# Flowering in 2 gallon pots...



## Tact (Jan 12, 2010)

Quick question:

I am on week 7 veg with 11 White Russian (non-feminized), 1 Lemon Skunk (feminized), 1 LA Woman (feminized). They are all in 2 gallon square pots, see attached picture below. Now for the kicker, apparently (very clear pre-flowers) I have a 100% female rate, even all 11 of the regular seed White Russians are females (beginners luck). The LS, and LA W, both are throwing out white pistil hairs as well (Y/V white hairs like the WR plants) but those could go hermie I suppose. 

*My question is will these guys get rootbound in 2 gallon pots?*

I question that I have the room for 13 5-gallon pots. Right now the plants are all around 9"-11" tall with one week to go till I flip to flowering. Though I *do* have _11_ 5-gallon square pots on hand, I think if I put them in the 5-gallon pots they will get _to_ spread out under the single 1000w light. 

The reflector hood measures about 36" x 26", slightly larger then the footprint of 12 of the 2-gallon square pots (one pot is off to its side).

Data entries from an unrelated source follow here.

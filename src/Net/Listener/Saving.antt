-- ===== src/Net/Listener/Saving.antt =====
-- The bytes of a client in its file.
use mathlib.Core.List.{append_assoc, append-nil}
use hyperion_server.Common.{
  ℕ, ◌+◌, ◌≡◌, refl, sym, ap, ◌∙◌, true, false, some, List, [], ◌∷◌, ◌++◌, get_elem?, length,
  length-append, Option-cases, inl, inr,
}
use hyperion_server.Common.Text.{Text, is_empty, same_text, same_text_iff}
use hyperion_server.Common.Exec.{returned, guarded, ◌>>=◌}
use hyperion_server.Media.Save.{contents, put_file, Answers}
use hyperion_server.Net.Connection.{
  Connection, Local, open_out_file, append_out_file, close_out_file, on_conn,
}
use hyperion_server.Net.Listener.{put_byte, put_byte?, save_bytes, save_received, bytes_of}

-- One byte after the other.
abbrev put_bytes : List ℕ → Local → Local
put_bytes [] l = l
put_bytes (b ∷ bytes) l = put_bytes bytes (put_byte b l)

get_elem?-middle :
    (before after : List ℕ) (b : ℕ) → get_elem? (before ++ b ∷ after) (length before) ≡ some b
get_elem?-middle [] after b = refl
get_elem?-middle (c ∷ before) after b = get_elem?-middle before after b

save_bytes-put_bytes :
    (before bytes : List ℕ) (l : Local)
    → save_bytes (length bytes) (length before) (before ++ bytes) l
      ≡ (returned tt, put_bytes bytes l)
unfolding save_bytes put_byte? ◌>>=◌
save_bytes-put_bytes before [] l = refl
save_bytes-put_bytes before (b ∷ bytes) l =
    let next : length before + 1 ≡ length (before ++ b ∷ []) =
      sym (length-append before (b ∷ [])) in
    rw (get_elem?-middle before bytes b, next, ← append_assoc before (b ∷ []) bytes)
      (save_bytes-put_bytes (before ++ b ∷ []) bytes (put_byte b l))

same_text_refl : (s : Text) → same_text s s ≡ true
same_text_refl s = let i = same_text_iff s s in i.1 refl

abbrev with_file : Local → List ℕ → Local
with_file l bytes = record l { files = put_file l.out_file_path bytes l.files }

put_byte-with_file :
    (b : ℕ) (old : List ℕ) (l : Local)
    → l.out_file_open ≡ true
    → contents l.files l.out_file_path ≡ some old
    → put_byte b l ≡ with_file l (old ++ b ∷ [])
unfolding put_byte
put_byte-with_file b old l o e = rw (o, e) refl

-- The bytes stand behind those that the file had, and no other file is touched.
pub record HasSaved (bytes old : List ℕ) (l l' : Local) : Type 0 where
  pub kept : l'.conn ≡ l.conn
  pub appended : contents l'.files l.out_file_path ≡ some (old ++ bytes)
  pub others :
      (path : Text)
      → same_text l.out_file_path path ≡ false
      → contents l'.files path ≡ contents l.files path

put_bytes-HasSaved :
    (bytes old : List ℕ) (l : Local)
    → l.out_file_open ≡ true
    → contents l.files l.out_file_path ≡ some old
    → HasSaved bytes old l (put_bytes bytes l)
unfolding put_file contents
put_bytes-HasSaved [] old l o e = record {
  kept = refl;
  appended = e ∙ ap some (sym (append-nil old));
  others = λ path n. refl;
}
put_bytes-HasSaved (b ∷ bytes) old l o e =
    let h =
      put_bytes-HasSaved bytes (old ++ b ∷ []) (with_file l (old ++ b ∷ [])) o
        (rw (same_text_refl l.out_file_path) refl) in
    rw (put_byte-with_file b old l o e) (record {
      kept = h.kept;
      appended = h.appended ∙ ap some (append_assoc old (b ∷ []) bytes);
      others = λ path n. h.others path n ∙ rw n refl;
    })

-- What `outFile_.open` leaves: an open file with the bytes it had, or with none.
pub opened-HasSaved :
    (l : Local)
    → HasSaved []
        (bytes_of (contents l.files l.out_file_path))
        (record l { conn = record l.conn { out_file_open = true } })
        (append_out_file l)
unfolding append_out_file put_file contents
opened-HasSaved l = elim (Option-cases (contents l.files l.out_file_path)) [
  | inl e ↦ rw e (record {
    kept = refl;
    appended = rw (same_text_refl l.out_file_path) refl;
    others = λ path n. rw n refl;
  })
  | inr (bytes, e) ↦ rw e (record {
    kept = refl;
    appended = e ∙ ap some (sym (append-nil bytes));
    others = λ path n. refl;
  })
]

-- For a connection with a path whose file is closed, where the file opens: what is received stands
-- behind what the file had; every other file and the connection are as before, and the file is
-- closed again.
pub save_received-HasSaved :
    (answers : Answers) (bytes : List ℕ) (l : Local)
    → answers.append_opens ≡ true
    → is_empty l.out_file_path ≡ false
    → l.out_file_open ≡ false
    → ((save_received answers bytes l).0 ≡ returned tt)
      × HasSaved bytes
          (bytes_of (contents l.files l.out_file_path))
          l
          (save_received answers bytes l).1
unfolding save_received append_out_file open_out_file close_out_file guarded on_conn ◌>>=◌
save_received-HasSaved answers bytes l a p o =
    let old : List ℕ = bytes_of (contents l.files l.out_file_path) in
    let opened = opened-HasSaved l in
    let h =
      put_bytes-HasSaved bytes old (append_out_file l) refl
        (opened.appended ∙ ap some (append-nil old)) in
    rw (a, p, o)
      (rw (save_bytes-put_bytes [] bytes (append_out_file l)) (
        refl,
        record {
          kept = ap (λ (c : Connection). record c { out_file_open = false }) h.kept;
          appended = h.appended;
          others = λ path n. h.others path n ∙ opened.others path n;
        },
      ))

Thoughts, opinions? As a reference, the table that the pots sit on, is roughly the footprint of the 5-gallon square pot picture, minus the #13 pot that would have to be off to the side somewhere.

Rootbound or no rootbound in 2 gallon pots?

Disclaimer: DOS has been my steadfast mentor throughout this grow, I got his opinion and I hold it to the highest regard, just seeing what the rest of you expert farmers feel (those with the expierence that is).


----------



## polish (Jan 12, 2010)

hi there!
7 weeks of veg!
i never pas 4 be honest. they will double the high at least when u put them to flo!!!


----------



## Tact (Jan 12, 2010)

Anyone have any input here on rootbound issue?


----------



## dirtyolsouth (Jan 12, 2010)

Yup they will and you'll have to feed them more nutes...   Maybe ask how many growers have finished plants in 2 gal pots...  

:holysheep:​
And if you transplant them into larger pots you'll get more buds but get less light to those buds because you cant spread things out and maintain adequate light for 13, 5 gal pots...   You got a harem of ladies there...   gotta keep em small and feed a bit more from the nute bottles...:hubba: 

Peace!


----------



## Alistair (Jan 12, 2010)

Yes, those will be root bound after one more week of vegetative growth and at least 8 weeks of flowering.  I'd  put those into your 5 gallon pots and discard the weakest females. 11 plants in 5 gallon pots should yield just as much, if not more, than 13 plants in 2 gallon pots.


----------



## dirtyolsouth (Jan 12, 2010)

:yeahthat: OR 12 in 3 gal pots... OR...


----------



## Tact (Jan 12, 2010)

Let me put this out there also.

Research on my White Russian strain points to a fairly long flowering cycle 10 weeks not being uncommon for full trich development. So we would be looking at 11 more weeks in 2 gallon pots from today, they have been in them less then 2 full weeks more like 10 days, I see roots in the bottom drain holes just a FYI.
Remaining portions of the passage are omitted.